Murdoch also had expansive discourses with Tony Blair over the euro, which the prime minister was eager to join and Murdoch opposed. Blair needed only to have read the editorials of the Sun, as Murdoch said, to learn the news executive’s stance. But Murdoch expressed his opposition in person, also at Chequers. Blair did not change his government’s position. But he did agree to schedule a referendum so British voters could weigh in on whether to adopt the common European currency, just as the Sun had demanded. It served as a break on momentum toward the euro—and a sign Blair was willing to bend to acknowledge Murdoch’s wishes.

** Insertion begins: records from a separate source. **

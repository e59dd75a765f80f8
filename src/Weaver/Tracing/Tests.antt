-- ===== src/Weaver/Tracing/Tests.antt =====
-- Two traces, of which one is ended.
use dash_fabric.Base.{ℕ, ◌≡◌, refl, List, [], ◌∷◌, some, none, bytes, bytes_eq}
use dash_fabric.Base.Map.{lookup, insert}
use dash_fabric.Weaver.Tracing.{
  ok, Call, start, finish, new_manager, new_trace, finished, get_trace, run, step, start_trace,
  end_trace,
}
use dash_fabric.Weaver.Tracing.Laws.{life, get-run}

abbrev calls : List (Call ℕ ℕ)
calls =
    start (bytes "a") (bytes "s1") (bytes "select") 5
    ∷ start (bytes "b") (bytes "s2") (bytes "check") 6
    ∷ finish (bytes "a") ok [] 9
    ∷ finish (bytes "c") ok [] 9
    ∷ []

a_is_ended :
    get_trace (run new_manager calls) (bytes "a")
    ≡ some (finished ok [] 9 (new_trace (bytes "a") (bytes "s1") (bytes "select") 5))
unfolding get_trace run step start_trace end_trace new_manager lookup insert
a_is_ended = refl

get-run_example : get_trace (run new_manager calls) (bytes "b") ≡ life (bytes "b") none calls
get-run_example = get-run (bytes "b") calls
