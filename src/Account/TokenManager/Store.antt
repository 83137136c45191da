-- ===== src/Account/TokenManager/Store.antt =====
-- TokenManager: what a read of the store finds after an atomic change.
use jitong_app.Base.{
  ◌≡◌, refl, ap, ◌∙◌, Bool, Option, none, some, List, [], ◌∷◌, ◌++◌, Bytes, bytes_eq, if◌then◌else◌,
  arith,
}
use jitong_app.Base.Dict.{find, put, erase, find-put, find-erase, bytes_Eq}
use jitong_app.Account.TokenManager.{Store, prefix, key_of, put_all, remove_all}

bytes_eq-append : (p a b : Bytes) → bytes_eq (p ++ a) (p ++ b) ≡ bytes_eq a b
unfolding bytes_eq
bytes_eq-append [] a b = refl
bytes_eq-append (x ∷ p) a b = ground (arith, bytes_eq-append p a b)

-- The last value that the puts give a suffix, or `old`.
unfoldable pub after_puts : Bytes → List (Bytes × Bytes) → Option Bytes → Option Bytes
after_puts suffix [] old = old
after_puts suffix ((s, v) ∷ puts) old =
    after_puts suffix puts (if bytes_eq suffix s then some v else old)

unfoldable pub after_removes : Bytes → List Bytes → Option Bytes → Option Bytes
after_removes suffix [] old = old
after_removes suffix (s ∷ removes) old =
    after_removes suffix removes (if bytes_eq suffix s then none else old)

find-put_key :
    (account s suffix v : Bytes) (m : Store)
    → find (key_of account suffix) (put (key_of account s) v m)
      ≡ (if bytes_eq suffix s then some v else find (key_of account suffix) m)
find-put_key account s suffix v m =
    find-put (key_of account s) (key_of account suffix) v m
    ∙ ap (λ (b : Bool). if b then some v else find (key_of account suffix) m)
        (bytes_eq-append (prefix account) suffix s)

find-erase_key :
    (account s suffix : Bytes) (m : Store)
    → find (key_of account suffix) (erase (key_of account s) m)
      ≡ (if bytes_eq suffix s then none else find (key_of account suffix) m)
find-erase_key account s suffix m =
    find-erase (key_of account s) (key_of account suffix) m
    ∙ ap (λ (b : Bool). if b then none else find (key_of account suffix) m)
        (bytes_eq-append (prefix account) suffix s)

pub find-put_all :
    (account suffix : Bytes) (puts : List (Bytes × Bytes)) (m : Store)
    → find (key_of account suffix) (put_all account puts m)
      ≡ after_puts suffix puts (find (key_of account suffix) m)
unfolding put_all after_puts
find-put_all account suffix [] m = refl
find-put_all account suffix ((s, v) ∷ puts) m =
    find-put_all account suffix puts (put (key_of account s) v m)
    ∙ ap (after_puts suffix puts) (find-put_key account s suffix v m)

pub find-remove_all :
    (account suffix : Bytes) (removes : List Bytes) (m : Store)
    → find (key_of account suffix) (remove_all account removes m)
      ≡ after_removes suffix removes (find (key_of account suffix) m)
unfolding remove_all after_removes
find-remove_all account suffix [] m = refl
find-remove_all account suffix (s ∷ removes) m =
    find-remove_all account suffix removes (erase (key_of account s) m)
    ∙ ap (after_removes suffix removes) (find-erase_key account s suffix m)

At the Leveson Inquiry, Murdoch said he never asked David Cameron to reduce the amount of money the BBC received from mandatory fees on all television owners. But in denying that he made any request to Cameron, Rupert Murdoch seemed to concede he had raised the other topic with his predecessors.
“I’d been through that with previous prime ministers and it didn’t matter what they said, they all hated the BBC and they all gave it whatever it wanted,” Murdoch said. Cameron’s cabinet froze the BBC license fee for six years amid the recession; the broadcaster’s budget was
to be cut 16 percent.
Around and around Robert Jay and Rupert Murdoch went, in front of Justice Leveson. Thinking he was out of hearing of others in the room, Murdoch turned to his lawyers during a break and spat out, “Let’s get this fucking thing over with today.” The questioning continued into the next day. Murdoch became more contrary.
Murdoch savored settling scores. He suggested that a pecuniary motive drove the former Sunday Times editor and ex-Sky chairman Andrew Neil: “Mr. Neil seems to have found it very profitable to get up and spread lies about me, but that’s his business,” Murdoch said. Former Sun editor David Yelland’s contention that most News Corp editors wake up in the morning wondering what Murdoch would think of the day’s news inspired a curt rebuttal: “I think you should take it in the context of Mr. Yelland’s very strange autobiography, when he said he was drunk all the time he was at the Sun.”
While Murdoch said he bore corporate responsibility for any criminal actions in his newsrooms, he assumed no personal culpability for creating a culture that allowed it, even cultivated it. He, too, was a victim, he testified.
LESS THAN a week later, Murdoch’s antagonists in Parliament had their revenge. Led by John Whittingdale, the Parliamentary Committee on Culture, Media, and Sport unanimously found that it had been misled in previous testimony by Les Hinton, by Tom Crone, and by Colin Myler. On a partisan split—the Labour and Liberal Democrat members against the Conservatives—the committee declared itself to be “astonished” by James Murdoch’s incuriosity as an executive. MP Tom Watson read aloud the majority’s further conclusions. “We found News Corp carried out an extensive cover-up of its rampant lawbreaking,” Watson said. “Its most senior executives repeatedly misled Parliament. . . . In the view of the majority of committee members, Rupert Murdoch is not fit to run an international company like BSkyB.”